It’s okay to need help as a family.
It’s okay and it’s human and with actually with a fairly small amount of reasonably priced support, families can cope with a lot of stress.
Human beings are strong and adaptable.  We can cope with a lot.
But we do sometimes need a bit of help.
And that’s okay.
So…
I’m writing this petition update  - I know, why the heck am I sharing all this, hunh?! – because we still have a little window of time and I’m suggesting we use it.
Let’s speak up.
Let’s tell the Governor and the Legislature that Adult Education matters –
Including Adult Education for Older Adults and Parents.
It’s low-cost.
It’s needed.
It’s effective.
And seniors and parents have already paid for it through decades of taxes in the case of seniors and Prop 30 in the case of both parents and seniors.
And if Gov. Brown and the Legislature choose not to pay for it…
If they choose to exclude and eliminate it…
They need to say why.
That’s basic.  That’s fair.
One more thing – while I use the word family here, perhaps a better word is community.
Not everyone has kids.  Not everyone has parents.  But we’re all part of a community.
And it’s a community that is far stronger when its kids and seniors are loved and cared for.
Someone slipping into dementia because of loneliness and inactivity doesn’t make for a stronger economy – or a better place to live as a human being.  More like, if that senior is part of a state with a strong economy, a lot of money will have to go to healthcare costs. And a lot of seniors will suffer deep emotional pain and loneliness.  And a lot of other people will do a lot to shut out that pain because it makes them feel sad and guilty and afraid, because maybe one day that will be them or right now it is their mother or sister or neighbor.   Again, sound familiar?
It’s possible to provide parents and seniors with the support they need through an already existing and proven program.
It’s called Adult Education.
So get out your pens and pencils. Or pick up the phone.  Or send an email.
You can click here to contact the Governor.  Be sure to tell him we need Designated Funding and we need it NOW, while you’re at it.  And make CDE the banker – because remember, when you’re giving twins twenty bucks each, it is not a good idea to hand one of them forty bucks and the other one nothing with the instruction that the money is for both of them.
You can click here to contact AARP because they’re not listening to me although they have offered me a very cool travel bag if I join them.  Maybe they’ll listen to you.
You can click here read George’s idea on how we can pay for Older Adults classes in a very low-cost way.
You can click here to see Maureen’s video on the difference Older Adults classes make in the lives of seniors.

You can click here to hear what Irma Becerra Nunez knows about that, too.  
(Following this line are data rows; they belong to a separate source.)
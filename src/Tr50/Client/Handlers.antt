-- ===== src/Tr50/Client/Handlers.antt =====
-- The handlers of what the MQTT client receives: `_tr50_publish_handler`,
-- `_tr50_publish_handle_publish` and `_tr50_state_change_handler` of tr50.c. The JSON library and the
-- decompression are parameters.
use libtr.Base.{
  ◌||◌, ℕ, suc, List, [], ◌∷◌, ◌++◌, Option, none, some, Bool, true, false, drop, length, ◌==◌,
  ◌&&◌, if◌then◌else◌,
}
use libtr.Base.Int.{ℤ, pos, negsuc}
use libtr.Error.{Res, ok, err, fault, stuck, ◌>>=◌}
use libtr.Tr50.Client.{Stats, Mailbox, Client, non_api, watched, replied, state_changed}
use libtr.Tr50.Client.Decimal.{atoi}
use libtr.Tr50.Mailbox.{mailbox_check}
use libtr.Tr50.Pending.{Message, MessageType, obj, raw, find_and_remove, forget}
use libtr.Tr50.Stats.{
  mailbox_check_up, pub_recv_up, notify_up, set_compress_ratio, set_connected, set_last_error,
}

-- `_tr50_api_watcher_reply` and the other calls of the watcher.
abbrev pub watch : Client → List ℕ → Bool → Client
watch client text is_reply =
    if client.config.api_watcher_handler
    then record client { events = client.events ++ (watched text is_reply ∷ []) }
    else client

-- The callback of a message, by its type.
abbrev pub callback_of : Message → Option ℕ
callback_of m = elim m.message_type [ obj ↦ m.reply_callback | raw ↦ m.raw_callback ]

-- The call of a reply callback, where there is one.
abbrev pub reply_to : Client → Option ℕ → ℤ → Option (List ℕ) → ℕ → Client
reply_to client none status reply custom = client
reply_to client (some callback) status reply custom = record client {
  events = client.events ++ (replied callback status reply custom ∷ []);
}

-- The search for a request by the number in a topic. No request has a negative identifier.
unfoldable pub take_request : Client → ℤ → Res (Option ℕ × Client)
unfolding find_and_remove
take_request client (negsuc n) = ok (none, client)
take_request client (pos seq_id) = do
  (found, pending) ← find_and_remove (suc client.pending.count) client.pending seq_id
  ok (found, record client { pending = pending })

-- What follows the callback of a request.
abbrev pub after_reply : Client → List ℕ → ℕ → Client
after_reply client text request =
    watch
      (record client {
        stats = pub_recv_up client.stats (length text);
        pending = forget client.pending request;
      })
      text true

-- The answer to a request that was found, by its type. `tr50_message_from_string` answers whether the
-- text is a reply or a request of the server, or a code.
unfoldable pub answer :
    (List ℕ → Res Bool) → Client → ℕ → Message → List ℕ → MessageType → Res Client
unfolding pub_recv_up
answer from_string client request m text raw = ok (
    after_reply (reply_to client m.raw_callback (pos 0) (some text) m.callback_custom) text request)
answer from_string client request m text obj = elim (from_string text) [
  | fault ↦ fault
  | stuck ↦ stuck
  | err ret ↦ ok (watch client text true)
  | ok is_reply ↦ elim is_reply [
    | false ↦ ok client
    | true ↦ ok (
        after_reply (reply_to client m.reply_callback (pos 0) (some text) m.callback_custom) text
          request)
  ]
]

-- `_tr50_publish_handle_publish`.
unfoldable pub handle_publish : (List ℕ → Res Bool) → Client → List ℕ → ℤ → Res Client
unfolding take_request answer
handle_publish from_string client text seq_id = do
  (found, client) ← take_request client seq_id
  elim found [
    | none ↦ ok client
    | some request ↦ elim (client.pending.store request) [
      | none ↦ fault
      | some m ↦ answer from_string client request m text m.message_type
    ]
  ]

-- `strncmp(topic, prefix, strlen(prefix)) == 0`, and `strcmp(topic, text) == 0`.
unfoldable pub starts_with : List ℕ → List ℕ → Bool
starts_with [] topic = true
starts_with (c ∷ prefix) [] = false
starts_with (c ∷ prefix) (d ∷ topic) = c == d && starts_with prefix topic

unfoldable pub same_text : List ℕ → List ℕ → Bool
same_text [] [] = true
same_text [] (d ∷ t) = false
same_text (c ∷ s) [] = false
same_text (c ∷ s) (d ∷ t) = c == d && same_text s t

-- "reply/", "replyz/" and "notify/mailbox_activity".
abbrev pub topic_reply : List ℕ
topic_reply = 114 ∷ 101 ∷ 112 ∷ 108 ∷ 121 ∷ 47 ∷ []

abbrev pub topic_compress_reply : List ℕ
topic_compress_reply = 114 ∷ 101 ∷ 112 ∷ 108 ∷ 121 ∷ 122 ∷ 47 ∷ []

abbrev pub topic_mailbox : List ℕ
topic_mailbox =
    110 ∷ 111 ∷ 116 ∷ 105 ∷ 102 ∷ 121 ∷ 47 ∷ 109 ∷ 97 ∷ 105 ∷ 108 ∷ 98 ∷ 111 ∷ 120 ∷ 95 ∷ 97 ∷ 99
    ∷ 116 ∷ 105 ∷ 118 ∷ 105 ∷ 116 ∷ 121 ∷ []

-- The count of a mailbox check, which is taken where `tr50_mailbox_check` comes to send one.
abbrev check_counted : Mailbox → Stats → Stats
unfolding mailbox_check_up
check_counted box stats =
    if box.mailbox_suspend || box.mailbox_send_in_progress then stats else mailbox_check_up stats

-- The message on a topic that is none of the two: `sent` is what `tr50_message_create` and
-- `tr50_api_call_async` return for the mailbox check that is sent now. What that call does to the
-- list of requests is a call of its own, which follows (`call_async` of Tr50/Api/Call).
unfoldable pub handle_other : Client → List ℕ → ℤ → Client
unfolding same_text notify_up check_counted mailbox_check
handle_other client topic sent =
    if same_text topic topic_mailbox
    then record client {
      stats = check_counted client.mailbox (notify_up client.stats);
      mailbox = (mailbox_check client.mailbox sent).1;
    }
    else client

abbrev pub told_non_api : Client → List ℕ → List ℕ → Client
told_non_api client topic text =
    if client.non_api_callback
    then record client { events = client.events ++ (non_api topic text ∷ []) }
    else client

-- `_tr50_publish_handler`. The identifier stands behind the seventh or the sixth byte: the test for a
-- topic that starts with `a` never holds here.
unfoldable pub publish_handler :
    (List ℕ → Res Bool) → (List ℕ → Res (List ℕ)) → Client → List ℕ → List ℕ → ℤ → Res Client
unfolding handle_publish starts_with set_compress_ratio handle_other atoi
publish_handler from_string inflate client topic text sent =
    let told = told_non_api client topic text in
    elim (starts_with topic_compress_reply topic) [
      | true ↦ elim (inflate text) [
        | fault ↦ fault
        | stuck ↦ stuck
        | err ret ↦ ok told
        | ok out ↦
            let counted = record told {
              stats = set_compress_ratio told.stats (length out) (length text);
            } in
            handle_publish from_string counted out (atoi (drop 7 topic))
      ]
      | false ↦ elim (starts_with topic_reply topic) [
        | true ↦ handle_publish from_string told text (atoi (drop 6 topic))
        | false ↦ ok (handle_other told topic sent)
      ]
    ]

-- `_tr50_state_change_handler`: the states are given by their numbers.
unfoldable pub state_change_handler : Client → ℕ → ℕ → ℤ → List ℕ → ℕ → Client
unfolding set_connected set_last_error
state_change_handler client previous current error why now =
    let stats = set_last_error client.stats error why now in
    let noted = record client {
      stats = (if current == 2 then set_connected stats now else stats);
    } in
    if client.config.state_change_handler
    then record noted { events = noted.events ++ (state_changed previous current ∷ []) }
    else noted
You can click here to read about the Ripple Effects of Older Adults and Parent Education classes.
You can click here to read about that amazing Older Adult who is pointing out what went wrong with the Bay Bridge.
You can click here to read about another Older Adult who is thinking of running for another term in 2014.
You can click here to read about why families need support.
You can click here to read about why seniors do.
You can click here and here to read two of my favorite authors on these matters.
And finally, you can click here to enjoy some downhome fun cuz goldarnit, this activism stuff is tiring and sometimes you need some JOY to keep you going.
I joke around a lot but you know I’m dang serious about all this.
And I’m dang serious, too, when I say thank you for signing the petition, thank you for reading all the way through this, and thank you for being awake in a world that is full of pain as well as joy, hardship as well as ease, injustice as well as peace. 
It’s not easy to keep going sometimes.  I know.  I get that.  Sometimes, in fact, it’s too hard – and people give up.
That’s why it’s all the more important to share our strength and offer support, to work as a group for the benefit of the individual, and as an individual for the benefit of the group - just as we do in a family.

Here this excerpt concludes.